Ликуя, она показала зеркалу диплом, раскрыла его и гордо сказала: «Ну, видело? Что скажешь? Правда, я – хороша!?»

Старое, с потрескавшейся амальгамой, бабушкино зеркало будто ответило ей согласием, отразив в полный рост Милену в своем потускневшем от древности стекле, и еще больше подчеркнуло смугловатость и бархатистость девичьей кожи, придав ей особый шарм.

Милена улыбнулась. Отражение, вторя ей, растянуло губы, засмеялось, обнажив белоснежные зубы, и, оценив себя, ответило: очень хороша!

– Ой, – сама себе удивилась Милена и на миг отпрянула от трюмо, чтобы вернуться и вновь посмотреть в свои глаза. Зеркальное отражение колыхнулось, слегка вытянув и без того тоненькую фигурку. Глядя на свое отражение, Милена вдруг почувствовала себя невероятно гибкой и изящной. Она кокетливо изогнулась, приподняла руками струящиеся по плечам рыжие локоны, и ее ярко-зеленые глаза с поволокой томно уставились в собственные зрачки.

Воображение девушки так разгулялось, что, словно кисть художника, быстрыми, умелыми мазками дорисовало и без того прекрасный образ. И образ, преображаясь, становился все более женственным, утонченным, своим контуром походя на гибкий ствол рябинового дерева, которое под палящими солнечными лучами вспыхнуло копной густых, огненно-каштановых волос, будто развевающихся на ветру, и загорелось так, что глаз невозможно было оторвать от этой красоты. Женственность блеснула в образе девушки маленькой искоркой, постепенно разгораясь жгучим пламенем самой яркой звезды на небосклоне.

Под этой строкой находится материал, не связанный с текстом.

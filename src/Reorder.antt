-- ===== src/Reorder.antt =====
-- The reorder buffer of discord/ext/native_voice/rtp.py, `_VideoReceiveReorderBuffer`: received
-- video packets wait under their unwrapped sequence number until those before them have come, the
-- buffer is overfull, or the head has been missing for `max_delay`.
--
-- `time.perf_counter()` is the argument `now`, in microseconds; `now - since < max_delay` is
-- written `now < since + max_delay`. Keys below the expected number return before they are stored,
-- so the keys that are stored are natural numbers.
pub mod Pop
pub mod Valid
pub mod Order
pub mod Accounts
pub mod Delivery
mod Tests
use discord_native_voice.Prelude.{
  ℕ, zero, suc, ◌+◌, ◌-◌, Bool, ◌&&◌, Option, none, some, List, [], ◌∷◌, ◌++◌, length, max, min,
  ltb, leb, ℕ-eq, if◌then◌else◌,
}
use discord_native_voice.Prelude.Int.{ℤ, pos, pos_part, ltb_ℤ}
use discord_native_voice.Prelude.Dict.{Dict, get, contains, setdefault, erase}
use discord_native_voice.Rtp.{ReceivedVideoPacket, sequence}
use discord_native_voice.Rtp.Sequence.{unwrap_sequence}

-- The counters that are kept when `debug_stats` is set.
pub record Stats : Type 0 where
  pub packets_pushed : ℕ
  pub duplicate_packets : ℕ
  pub old_packets : ℕ
  pub waits : ℕ
  pub flushes : ℕ
  pub skipped_packets : ℕ
  pub ready_packets : ℕ
  pub max_buffered : ℕ

pub record Buffer : Type 0 where
  pub max_packets : ℕ
  pub max_delay : ℕ
  pub debug_stats : Bool
  pub expected_sequence : Option ℕ
  pub blocked_at : Option ℕ
  pub packets : Dict ℕ ReceivedVideoPacket
  pub stats : Stats

abbrev pub no_stats : Stats
no_stats = record {
  packets_pushed = 0;
  duplicate_packets = 0;
  old_packets = 0;
  waits = 0;
  flushes = 0;
  skipped_packets = 0;
  ready_packets = 0;
  max_buffered = 0;
}

-- `__init__`
abbrev pub init : ℕ → ℕ → Bool → Buffer
init max_packets max_delay debug_stats = record {
  max_packets = max_packets;
  max_delay = max_delay;
  debug_stats = debug_stats;
  expected_sequence = none;
  blocked_at = none;
  packets = [];
  stats = no_stats;
}

-- `if self.debug_stats:` before an update of the counters
abbrev pub tally : Buffer → (Stats → Stats) → Buffer
tally b f = record b { stats = if b.debug_stats then f b.stats else b.stats }

-- The loop of `_pop_ready` from `expected`: what it releases, the number that it stops at, and what
-- is left. Each round removes a packet, so as many rounds as there are packets are enough.
unfoldable pub pop_loop :
    ℕ → ℕ → Dict ℕ ReceivedVideoPacket → List ReceivedVideoPacket × ℕ × Dict ℕ ReceivedVideoPacket
pop_loop zero expected packets = ([], expected, packets)
pop_loop (suc rounds) expected packets = elim (get expected packets) [
  | none ↦ ([], expected, packets)
  | some p ↦
      let (ready, stop, rest) = pop_loop rounds (expected + 1) (erase expected packets) in
      (p ∷ ready, stop, rest)
]

pub pop_ready : Buffer → List ReceivedVideoPacket × Buffer
pop_ready b = elim b.expected_sequence [
  | none ↦ ([], b)
  | some expected ↦
      let (ready, stop, rest) = pop_loop (length b.packets) expected b.packets in
      (ready, record b { expected_sequence = some stop; packets = rest })
]

-- `min(self._packets)`; `none` where Python raises, on an empty dictionary
unfoldable pub min_key : Dict ℕ ReceivedVideoPacket → Option ℕ
min_key [] = none
min_key ((k, p) ∷ d) = elim (min_key d) [ none ↦ some k | some m ↦ some (min k m) ]

-- The end of `push`, from `previous_expected = expected`. The buffer holds at least the packet
-- that was pushed, so the first case is never met (`Reorder.Order`).
pub flush : ℕ → Buffer → List ReceivedVideoPacket × Buffer
flush previous b = elim (min_key b.packets) [
  | none ↦ ([], b)
  | some lowest ↦
      let b1 = record b { expected_sequence = some lowest; blocked_at = none } in
      let b2 = tally b1 λ s. record s {
        skipped_packets = s.skipped_packets + (lowest - previous);
        flushes = s.flushes + 1;
      } in
      let (ready, b3) = pop_ready b2 in
      (ready, tally b3 λ s. record s { ready_packets = s.ready_packets + length ready })
]

abbrev pub since : ℕ → Option ℕ → ℕ
since now none = now
since now (some t) = t

-- Nothing is ready: wait, unless the buffer is overfull or the head is overdue.
pub wait_or_flush : ℕ → ℕ → Buffer → List ReceivedVideoPacket × Buffer
wait_or_flush now expected b =
    let b1 = record b { blocked_at = some (since now b.blocked_at) } in
    if leb (length b.packets) b.max_packets && ltb now (since now b.blocked_at + b.max_delay)
    then ([], tally b1 λ s. record s { waits = s.waits + 1 })
    else flush expected b1

-- `if ready: …`, and what follows it
pub deliver : ℕ → ℕ → List ReceivedVideoPacket × Buffer → List ReceivedVideoPacket × Buffer
deliver now expected ([], b) = wait_or_flush now expected b
deliver now expected (p ∷ ready, b) = (
  p ∷ ready,
  tally (record b { blocked_at = none })
      λ s. record s { ready_packets = s.ready_packets + length (p ∷ ready) },
)

-- A packet that is not old is stored under `key`, unless that is taken.
pub store : ℕ → ReceivedVideoPacket → Buffer → Buffer
store key p b =
    let b1 = tally b λ s. record s {
      duplicate_packets =
          if contains key b.packets then s.duplicate_packets + 1 else s.duplicate_packets;
    } in
    let b2 = record b1 { packets = setdefault key p b1.packets } in
    tally b2 λ s. record s { max_buffered = max s.max_buffered (length b2.packets) }

-- The number that `push` compares with, and the packet's own: for the first packet, its sequence.
abbrev pub expected_or : ℕ → Option ℕ → ℕ
expected_or first none = first
expected_or first (some expected) = expected

abbrev pub unwrapped : ℕ → Option ℕ → ℤ
unwrapped seq none = pos seq
unwrapped seq (some expected) = unwrap_sequence seq expected

-- `push`, once both numbers are known
pub push_at : ℕ → ReceivedVideoPacket → Buffer → ℕ → ℤ → List ReceivedVideoPacket × Buffer
unfolding pop_ready flush wait_or_flush deliver store
push_at now p b expected key =
    let b1 = tally b λ s. record s { packets_pushed = s.packets_pushed + 1 } in
    let b2 = record b1 { expected_sequence = some expected } in
    if ltb_ℤ key (pos expected)
    then ([], tally b2 λ s. record s { old_packets = s.old_packets + 1 })
    else deliver now expected (pop_ready (store (pos_part key) p b2))

unfoldable pub push : ℕ → ReceivedVideoPacket → Buffer → List ReceivedVideoPacket × Buffer
unfolding push_at
push now p b =
    push_at now p b (expected_or (sequence p) b.expected_sequence)
      (unwrapped (sequence p) b.expected_sequence)

-- The packets that a run of pushes releases, in the order of their release, and the final buffer.
pub run : List (ℕ × ReceivedVideoPacket) → Buffer → List ReceivedVideoPacket × Buffer
run [] b = ([], b)
run ((now, p) ∷ arrivals) b =
    let (ready, b1) = push now p b in let (later, b2) = run arrivals b1 in (ready ++ later, b2)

Милена в тот миг сама себя не узнала, ведь на самом-то деле она, несмотря на броскую внешность, всегда была девушкой неулыбчивой, замкнутой и молчаливой.

Из-за застенчивости Милена сторонилась ровесников и одинокими вечерами, которых было в избытке, скрашивала свой досуг тем, что с упоением читала любовные романы.

Это было так ново и интересно, что тексты, переполненные красивыми словами, пламенной страстью и неземной, какая бывает только в книжках, любовью, – в ее сознании словно оживали. И тогда возникшие образы захватывающим потоком фантазий наполняли душу нежностью и томлением, питавшим сердце, и она с тревогой ожидала любви, которая когда-нибудь непременно случится с нею в реальном, а не вымышленном мире…

Чтение так, бывало, увлекало Милену, что она представляла себя на месте главной героини. Фактически перевоплощаясь, девушка в мельчайших подробностях переживала события чужой судьбы, то уверенно шагая по гулким мостовым былых эпох, то примеряя скрывающую глаза маску, то кружась в пышном, глубоко декольтированном бальном платье среди вальсирующих рядом пар. В такие моменты она плыла по роскошному мраморному залу, и принц обхватывал ее за талию сильной рукой, нежно прижимая к себе. Ах, как тогда вздымалась ее грудь, сердце готово было выпрыгнуть из тугого охвата корсета, румянец окрашивал щеки и хотелось продолжения! Милена, отгоняя сон прочь, читала, читала, читала, и чтение всегда заканчивалось тем, что молодая героиня незаметно засыпала, а книжные истории проникали в ее сознание цветными насыщенными картинами. И тогда она, путешествуя в лабиринте чужой судьбы, глубокой звездной ночью замирала от предвкушения встреч с тайным возлюбленным, а потом вырывалась из его цепких рук, уворачивалась от поцелуев, задыхаясь в крепких и сильных мужских объятьях…

Конечно же, в реальной жизни свои чувства и утонченную натуру девушка никогда и никому не показывала, пряча их за строгими линиями наглухо застегнутого старомодного платья. Оденься она по-другому, в родной семье ее бы попросту не поняли. Там чувства и изыски в одежде были не в чести. Родители Милены работали геологами. Далекие от светской жизни, они старались побольше заработать, и потому часто уезжали в длительные экспедиции.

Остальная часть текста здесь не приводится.